8TH-GRADER HELD IN FATAL SHOOTING
A 14-year-old boy was charged today with opening fire at an eighth-grade graduation dance with the theme "I Had the Time of My Life." A science teacher was killed, one pupil was shot in the foot and another pupil and a teacher were grazed.
Andrew Wurst, a pupil at Parker Middle School, shot teacher John Gillette on a patio outside a banquet hall, walked inside and fired several more shots, left the building through a rear exit and was arrested shortly thereafter, police spokesman Mark Zaleski said.
Teenagers were dancing to the last song -- "My Heart Will Go On," from the movie "Titanic" -- when the first of several booms rang out Friday night at Nick's Place, near Edinboro about 100 miles north of Pittsburgh.
Sobbing girls in satin dresses and terrified boys in neckties huddled outside the hall. Some hid in a closet.
Adam Sarren, 15, said the shots sounded like a cap gun.
"It was pretty horrible. It was like a nightmare," he said. "We were all scared and crying and praying."
A month ago, Wurst joked about killing people and then committing suicide, according to two boys who described themselves as friends of Wurst. Triston Lucas, 14, and Ben Mills, 13, said they did not take him seriously.
"He'd laugh when he said it. You couldn't really take him serious," Lucas said.
Both boys, who attended counseling sessions at the school today, said Wurst did not know Gillette, 48. Wurst never said he planned to kill at the dance, nor had he identified any targets, the boys said.
Gillette, a teacher for 27 years who had organized the dance, was shot in the head.
Two 14-year-old boys were wounded by gunfire; one was grazed across the abdomen and the other shot in the foot. Both were treated at a hospital and released. A female teacher was grazed by a bullet and did not need medical treatment.
Wurst, who carried a .25-caliber handgun registered to his father and a small amount of marijuana, was caught in a field behind the hall just after the shooting by Nick's Place owner James Strand, who carried a shotgun.
Wurst, of nearby McKean, was charged as an adult with criminal homicide and three counts each of aggravated assault and reckless endangerment, as well as drug and gun charges.
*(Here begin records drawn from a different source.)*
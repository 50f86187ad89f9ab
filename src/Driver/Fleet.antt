-- ===== src/Driver/Fleet.antt =====
-- driver/driver.go: `New`, which builds a node and a runner for each host.

pub mod Modes
use eth_slot_sim.Base.{
  ℕ, zero, suc, Bool, true, false, List, [], ◌∷◌, Option, none, some, ◌>>=◌, pos, ltb,
  if◌then◌else◌,
}
use eth_slot_sim.Schedule.{Assignment, View}
use eth_slot_sim.Schedule.Views.{node_view}
use eth_slot_sim.Driver.Slot.{EpbsParams}
use eth_slot_sim.Driver.Setup.{
  DecoupledParams, PartialParams, RunnerConfig, Runner, Refusal, Construction, refused, built,
  is_on, new_runner,
}

-- The knobs of a run that the runners, and the column verifiers, are made of.
pub record Config : Type 0 where
  pub block_size : ℕ
  pub slot_duration : ℕ
  pub offset : ℕ
  pub jitter : ℕ
  pub schedule : Option Assignment
  pub attest : Bool
  pub sync : Bool
  pub attestation_due : ℕ
  pub prep : ℕ
  pub aggregate_due : ℕ
  pub decoupled : Option DecoupledParams
  pub partial : Option PartialParams
  pub epbs : Option EpbsParams
  pub col_verify_parallelism_super : ℕ
  pub col_verify_parallelism_reg : ℕ

-- What differs between the nodes; a parallelism that is not set is 0.
pub record NodeSetup : Type 0 where
  pub num : ℕ
  pub col_verify_parallelism : ℕ
  pub has_partial : Bool

-- The zero value of a view: the run is block-only.
abbrev pub zero_view : View
zero_view = record {
  num_columns = 0;
  proposes = [];
  attest_duties = [];
  ac_vote_duties = [];
  ptc_duties = [];
  aggregate_subnets = [];
  sync_aggregate_subnets = [];
  finality_vote_duties = [];
  finality_aggregations = [];
  has_aggregators = false;
  has_sync_aggregators = false;
  has_finality_aggregators = false;
  subscribed_subnets = [];
  custody_columns = [];
  full_custody = false;
  sync_subnet = pos 0;
  sync_member = false;
  finality_subnet = pos 0;
  finality_member = false;
  subscribers = [];
  finality_subscribers = [];
  validators_per_subnet = [];
  validators_per_round_subnet = [];
}

abbrev pub view_of : Option Assignment → ℕ → Option View
view_of none i = some zero_view
view_of (some a) i = node_view a i

-- The decoupled phase turns the attestations and the sync messages off.
unfoldable pub runner_config : ℕ → Config → RunnerConfig
runner_config n cfg = record {
  attest = if is_on cfg.decoupled then false else cfg.attest;
  sync = if is_on cfg.decoupled then false else cfg.sync;
  num_nodes = n;
  block_size = cfg.block_size;
  offset = cfg.offset;
  jitter = cfg.jitter;
  slot_duration = cfg.slot_duration;
  attestation_due = cfg.attestation_due;
  aggregate_due = cfg.aggregate_due;
  prep = cfg.prep;
  decoupled = cfg.decoupled;
  partial = cfg.partial;
  epbs = cfg.epbs;
}

-- The width of the column verifier, by the node's role.
unfoldable pub column_width : View → ℕ → ℕ → ℕ
column_width view super regular =
    if ltb 0 view.num_columns then (if view.full_custody then super else regular) else 0

unfoldable pub node_setup : ℕ → Config → View → NodeSetup
node_setup i cfg view = record {
  num = i;
  col_verify_parallelism =
      column_width view cfg.col_verify_parallelism_super cfg.col_verify_parallelism_reg;
  has_partial = is_on cfg.partial;
}

-- The node and the runner of one host; `none` is a run-time panic.
unfoldable pub build_host : ℕ → Config → (ℕ → List ℕ) → ℕ → Option (NodeSetup × Construction)
unfolding node_setup
build_host n cfg peers i = view_of cfg.schedule i >>= λ view.
    let nd = node_setup i cfg view in
    some (nd, new_runner i nd.has_partial view (peers i) (runner_config n cfg))

-- The runners of the hosts from a number on, up to the first panic of `NewRunner`.
pub data Fleet : Type 0 where
  panics : Refusal → Fleet
  ready : List (NodeSetup × Runner) → Fleet

-- The code panics at the first host that it cannot build.
abbrev pub join_fleet : NodeSetup → Construction → Option Fleet → Option Fleet
join_fleet nd (refused e) rest = some (panics e)
join_fleet nd (built r) none = none
join_fleet nd (built r) (some (panics e)) = some (panics e)
join_fleet nd (built r) (some (ready rs)) = some (ready ((nd, r) ∷ rs))

unfoldable pub build_hosts : ℕ → Config → (ℕ → List ℕ) → ℕ → ℕ → Option Fleet
unfolding build_host
build_hosts n cfg peers i zero = some (ready [])
build_hosts n cfg peers i (suc count) =
    let rest = build_hosts n cfg peers (suc i) count in
    build_host n cfg peers i >>= λ host. join_fleet host.0 host.1 rest

-- `New` on a network of n hosts.
unfoldable pub new_driver : ℕ → Config → (ℕ → List ℕ) → Option Fleet
unfolding build_hosts
new_driver n cfg peers = build_hosts n cfg peers 0 n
He was jailed without bond.
School officials did not know what motivated the shooting.
Lucas and Mills said Wurst had a troubled home life and combative parents. They said he had recently argued with his parents over his poor grades.
"I want to talk to him and see what he was thinking before I decide I hate him," Mills said.
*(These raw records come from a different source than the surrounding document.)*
-- ===== src/Cmd.antt =====
-- cmd/slot-sim-node/main.go: the flags of one node, and what it is built from.
pub mod Checked
use eth_slot_sim.Base.{
  ℕ, ◌-◌, Bool, true, false, not, ◌&&◌, ◌||◌, List, Option, none, some, ◌>>=◌, ◌==◌, if◌then◌else◌,
}
use eth_slot_sim.Schedule.{Assignment, View, segregated}
use eth_slot_sim.Driver.Slot.{EpbsParams}
use eth_slot_sim.Driver.Setup.{
  DecoupledParams, PartialParams, RunnerConfig, Construction, is_on, new_runner,
}
use eth_slot_sim.Driver.Fleet.{NodeSetup, view_of, column_width}

-- The flag `-transport`.
pub data Transport : Type 0 where
  classic partial other : Transport

-- The flag `-schedule`: no path, a file that does not load, or the plan that it has.
pub data Plan : Type 0 where
  no_path unreadable : Plan
  loaded : Assignment → Plan

-- The flags that the checks and the runner read; `dc`, `pp` and `ep` have those of the decoupled
-- phase, of the partial transport and of ePBS.
pub record Flags : Type 0 where
  pub node_num : ℕ
  pub num_nodes : ℕ
  pub peers : List ℕ
  pub slot : ℕ
  pub block_size : ℕ
  pub offset : ℕ
  pub jitter : ℕ
  pub startup : ℕ
  pub epbs : Bool
  pub ep : EpbsParams
  pub schedule : Plan
  pub attestations : Bool
  pub sync : Bool
  pub decoupled : Bool
  pub dc : DecoupledParams
  pub att_due : ℕ
  pub agg_due : ℕ
  pub prep : ℕ
  pub col_verify_super : ℕ
  pub col_verify_regular : ℕ
  pub transport : Transport
  pub pp : PartialParams

-- The calls of `log.Fatal`, in the order of the code.
pub data Fatal : Type 0 where
  startup_too_short schedule_not_loaded segregated_without_decoupled : Fatal
  decoupled_without_schedule segregation_mismatch partial_without_schedule : Fatal
  partial_without_phase unknown_transport : Fatal

pub data Outcome {ℓ} (A : Type ℓ) : Type ℓ where
  goes_on : A → Outcome A
  stops : Fatal → Outcome A

abbrev pub and_then {ℓ κ} : {A : Type ℓ} {B : Type κ} → Outcome A → (A → Outcome B) → Outcome B
and_then (goes_on a) f = f a
and_then (stops e) f = stops e

-- 30s
abbrev pub mesh_join_stagger : ℕ
mesh_join_stagger = 30000000000

-- A window that is not positive is 0.
unfoldable pub settle_window : ℕ → ℕ → ℕ
settle_window startup stagger = startup - stagger

unfoldable pub load : Plan → Outcome (Option Assignment)
load no_path = goes_on none
load unreadable = stops schedule_not_loaded
load (loaded a) = goes_on (some a)

abbrev pub bool_eq : Bool → Bool → Bool
bool_eq a b = if a then b else not b

-- The decoupled phase, which must agree with the shape of the plan.
unfoldable pub decoupled_of : Flags → Option Assignment → Outcome (Option DecoupledParams)
decoupled_of f none =
    if f.dc.segregated && not f.decoupled
    then stops segregated_without_decoupled
    else (if f.decoupled then stops decoupled_without_schedule else goes_on none)
decoupled_of f (some a) =
    if f.dc.segregated && not f.decoupled
    then stops segregated_without_decoupled
    else (if f.decoupled
        then (if bool_eq f.dc.segregated (segregated a)
            then goes_on (some f.dc)
            else stops segregation_mismatch)
        else goes_on none)

-- Attestations and sync messages are emitted with a plan, and without the decoupled phase.
unfoldable pub emits : Bool → Option Assignment → Option DecoupledParams → Bool
emits flag sched decoupled = flag && is_on sched && not (is_on decoupled)

unfoldable pub partial_of :
    Flags → Option Assignment → Bool → Option DecoupledParams → Outcome (Option PartialParams)
partial_of f sched attest decoupled = elim f.transport [
  | classic ↦ goes_on none
  | other ↦ stops unknown_transport
  | partial ↦
      if is_on sched
      then (if not attest && not (is_on decoupled)
          then stops partial_without_phase
          else goes_on (some f.pp))
      else stops partial_without_schedule
]

pub record Modes : Type 0 where
  pub plan : Option Assignment
  pub attest : Bool
  pub sync : Bool
  pub decoupled : Option DecoupledParams
  pub partial : Option PartialParams

-- The checks of `main` before the runner is made. The view is read before the transport is
-- checked, and a panic there stops the program too.
unfoldable pub modes_of : Flags → Outcome Modes
unfolding load decoupled_of partial_of emits
modes_of f =
    let checked = and_then (load f.schedule) (λ sched. and_then (decoupled_of f sched) (λ decoupled.
      let attest = emits f.attestations sched decoupled in
      and_then (partial_of f sched attest decoupled) (λ pp. goes_on (record {
        plan = sched;
        attest = attest;
        sync = emits f.sync sched decoupled;
        decoupled = decoupled;
        partial = pp;
      })))) in
    if settle_window f.startup mesh_join_stagger == 0 then stops startup_too_short else checked

unfoldable pub config_of : Flags → Modes → RunnerConfig
config_of f m = record {
  attest = m.attest;
  sync = m.sync;
  num_nodes = f.num_nodes;
  block_size = f.block_size;
  offset = f.offset;
  jitter = f.jitter;
  slot_duration = f.slot;
  attestation_due = f.att_due;
  aggregate_due = f.agg_due;
  prep = f.prep;
  decoupled = m.decoupled;
  partial = m.partial;
  epbs = if f.epbs then some f.ep else none;
}

-- The node and the runner of a view; `none` is a run-time panic.
unfoldable pub build_node : Flags → Modes → Option (NodeSetup × Construction)
unfolding config_of
build_node f m = view_of m.plan f.node_num >>= λ view.
    let nd : NodeSetup = record {
      num = f.node_num;
      col_verify_parallelism = column_width view f.col_verify_super f.col_verify_regular;
      has_partial = is_on m.partial;
    } in
    some (nd, new_runner f.node_num nd.has_partial view f.peers (config_of f m))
Sarren, who said he knew Wurst, described him as a loner who never smiled and dressed sloppily with untucked T-shirts and untied shoes. He said he often wore the same pants for several days in a row.
"He looked like he was dead. He never had his eyes all the way open," Sarren said. "I never liked him at all."
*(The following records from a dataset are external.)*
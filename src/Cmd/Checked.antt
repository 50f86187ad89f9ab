-- ===== src/Cmd/Checked.antt =====
-- cmd/slot-sim-node/main.go: what the checks of the flags ensure of the runner.
use eth_slot_sim.Base.{
  ◌<◌, ◌∙◌, some-injective, subst, ◌≡◌, refl, ap, Bool, true, false, not, ◌&&◌, ◌||◌, Option, none,
  some, arith, ◌==◌, Bool-cases, inl, inr,
}
use eth_slot_sim.Schedule.{Assignment, segregated}
use eth_slot_sim.Driver.Setup.{DecoupledParams, PartialParams, RunnerConfig, is_on, refuse_partial}
use eth_slot_sim.Cmd.{
  Flags, Outcome, goes_on, stops, and_then, mesh_join_stagger, settle_window, load, bool_eq,
  decoupled_of, emits, partial_of, Modes, modes_of, config_of,
}

-- The modes of a node that the checks of the flags let through.
pub record AreChecked (f : Flags) (m : Modes) : Type 0 where
  pub settled : 0 < settle_window f.startup mesh_join_stagger
  pub planned :
      m.attest || m.sync || is_on m.decoupled || is_on m.partial ≡ true → is_on m.plan ≡ true
  pub exclusive : is_on m.decoupled && (m.attest || m.sync) ≡ false
  pub transport : refuse_partial (is_on m.partial) (config_of f m) m.partial ≡ none
  pub shape :
      (a : Assignment) (dc : DecoupledParams)
      → m.plan ≡ some a
      → m.decoupled ≡ some dc
      → dc.segregated ≡ segregated a

and_then_inv {ℓ κ} :
    {A : Type ℓ} {B : Type κ} (o : Outcome A) (f : A → Outcome B) {b : B}
    → and_then o f ≡ goes_on b
    → (a : A) × (o ≡ goes_on a) × (f a ≡ goes_on b)
and_then_inv (goes_on a) f h = (a, refl, h)
and_then_inv (stops e) f h = cc

bool_eq_sound : (a b : Bool) → bool_eq a b ≡ true → a ≡ b
bool_eq_sound true b h = ground arith
bool_eq_sound false b h = ground arith

same_shape :
    (f : Flags) (a : Assignment) (dc : DecoupledParams)
    → decoupled_of f (some a) ≡ goes_on (some dc)
    → dc.segregated ≡ segregated a
unfolding decoupled_of
same_shape f a dc h = elim (Bool-cases (f.dc.segregated && not f.decoupled)) [
  | inl stuck ↦ ground (arith, stuck, h)
  | inr fine ↦ elim (Bool-cases f.decoupled) [
    | inr off ↦ ground (arith, fine, off, h)
    | inl on ↦ elim (Bool-cases (bool_eq f.dc.segregated (segregated a))) [
      | inr apart ↦ ground (arith, fine, on, apart, h)
      | inl agree ↦ ground (arith, fine, on, agree, h, bool_eq_sound f.dc.segregated (segregated a))
    ]
  ]
]

decoupled_of_inv :
    (f : Flags) (sched : Option Assignment) (decoupled : Option DecoupledParams)
    → decoupled_of f sched ≡ goes_on decoupled
    → (is_on decoupled ≡ true → is_on sched ≡ true)
      × ((a : Assignment) (dc : DecoupledParams)
          → sched ≡ some a
          → decoupled ≡ some dc
          → dc.segregated ≡ segregated a)
unfolding decoupled_of
decoupled_of_inv f none decoupled h = (ground (arith, h), λ a dc e k. cc)
decoupled_of_inv f (some a) decoupled h = (
  λ on. refl,
  λ b dc e k.
      same_shape f a dc (h ∙ ap (λ d. goes_on d) k) ∙ ap (λ x. segregated x) (some-injective a b e),
)

partial_of_inv :
    (f : Flags) (sched : Option Assignment) (attest : Bool) (decoupled : Option DecoupledParams)
    (pp : Option PartialParams)
    → partial_of f sched attest decoupled ≡ goes_on pp
    → (is_on pp ≡ true → is_on sched && (attest || is_on decoupled) ≡ true)
unfolding partial_of
partial_of_inv f sched attest decoupled pp h on = ground (arith, h, on)

accepts :
    (pp : Option PartialParams) (cfg : RunnerConfig)
    → (is_on pp ≡ true → cfg.attest || is_on cfg.decoupled ≡ true)
    → refuse_partial (is_on pp) cfg pp ≡ none
unfolding refuse_partial
accepts none cfg h = refl
accepts (some pp) cfg h = ground (arith, h refl)

checked-AreChecked :
    (f : Flags) (sched : Option Assignment) (decoupled : Option DecoupledParams)
    (pp : Option PartialParams)
    → 0 < settle_window f.startup mesh_join_stagger
    → decoupled_of f sched ≡ goes_on decoupled
    → partial_of f sched (emits f.attestations sched decoupled) decoupled ≡ goes_on pp
    → AreChecked f (record {
      plan = sched;
      attest = emits f.attestations sched decoupled;
      sync = emits f.sync sched decoupled;
      decoupled = decoupled;
      partial = pp;
    })
unfolding emits refuse_partial config_of
checked-AreChecked f sched decoupled pp settled d p =
    let (has_plan, shape) = decoupled_of_inv f sched decoupled d in
    let needs = partial_of_inv f sched (emits f.attestations sched decoupled) decoupled pp p in
    let m : Modes = record {
      plan = sched;
      attest = emits f.attestations sched decoupled;
      sync = emits f.sync sched decoupled;
      decoupled = decoupled;
      partial = pp;
    } in
    record {
      settled = settled;
      planned = λ h. ground (arith, h, has_plan, needs);
      exclusive = ground arith;
      transport = accepts pp (config_of f m) (λ on. ground (arith, needs on));
      shape = shape;
    }

-- Where the flags pass the checks, the settle window is positive; a phase or the partial transport has a
-- plan; the decoupled phase excludes attestations and sync messages, and its shape is that of the
-- plan; and the runner does not refuse the transport.
pub modes_of-AreChecked : (f : Flags) (m : Modes) → modes_of f ≡ goes_on m → AreChecked f m
unfolding modes_of
modes_of-AreChecked f m h = elim (Bool-cases (settle_window f.startup mesh_join_stagger == 0)) [
  | inl short ↦ ground (arith, short, h)
  | inr long ↦
      let (sched, l, h1) = and_then_inv (load f.schedule) _ (rw long at h) in
      let (decoupled, d, h2) = and_then_inv (decoupled_of f sched) _ h1 in
      let (pp, p, h3) =
        and_then_inv (partial_of f sched (emits f.attestations sched decoupled) decoupled) _ h2 in
      subst (AreChecked f) (cc) (checked-AreChecked f sched decoupled pp (ground arith) d p)
]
Gillette was a teacher and student council adviser, said his neighbor, high school principal Donald Ickes. He was also a former high school football coach.
"The sad part of this whole thing is I don't have any answers," Therese Walter, superintendent of the General McLane School District, said in a statement outside the school today. "We lost John because he was doing what his life was about."
In the past six months, four students and a teacher were fatally shot at a middle school in Jonesboro, Ark.; three students were killed in a shooting at a high school in West Paducah, Ky., and two students were killed and seven wounded at a high school shooting in Pearl, Miss.
"Too many of us believe that violence is unique to urban areas. The tragedy Friday in Edinboro proves that belief false," said David Gondak, president of the Pennsylvania State Education Association. CAPTION: Andrew Wurst, 14, is led from a court building in McKean, Pa., after he was charged in a shooting spree at a school event that left a teacher slain. CAPTION: Parents and students hug outside Parker Middle School near Edinboro, Pa., before they enter the school for a special counseling session a day after shooting.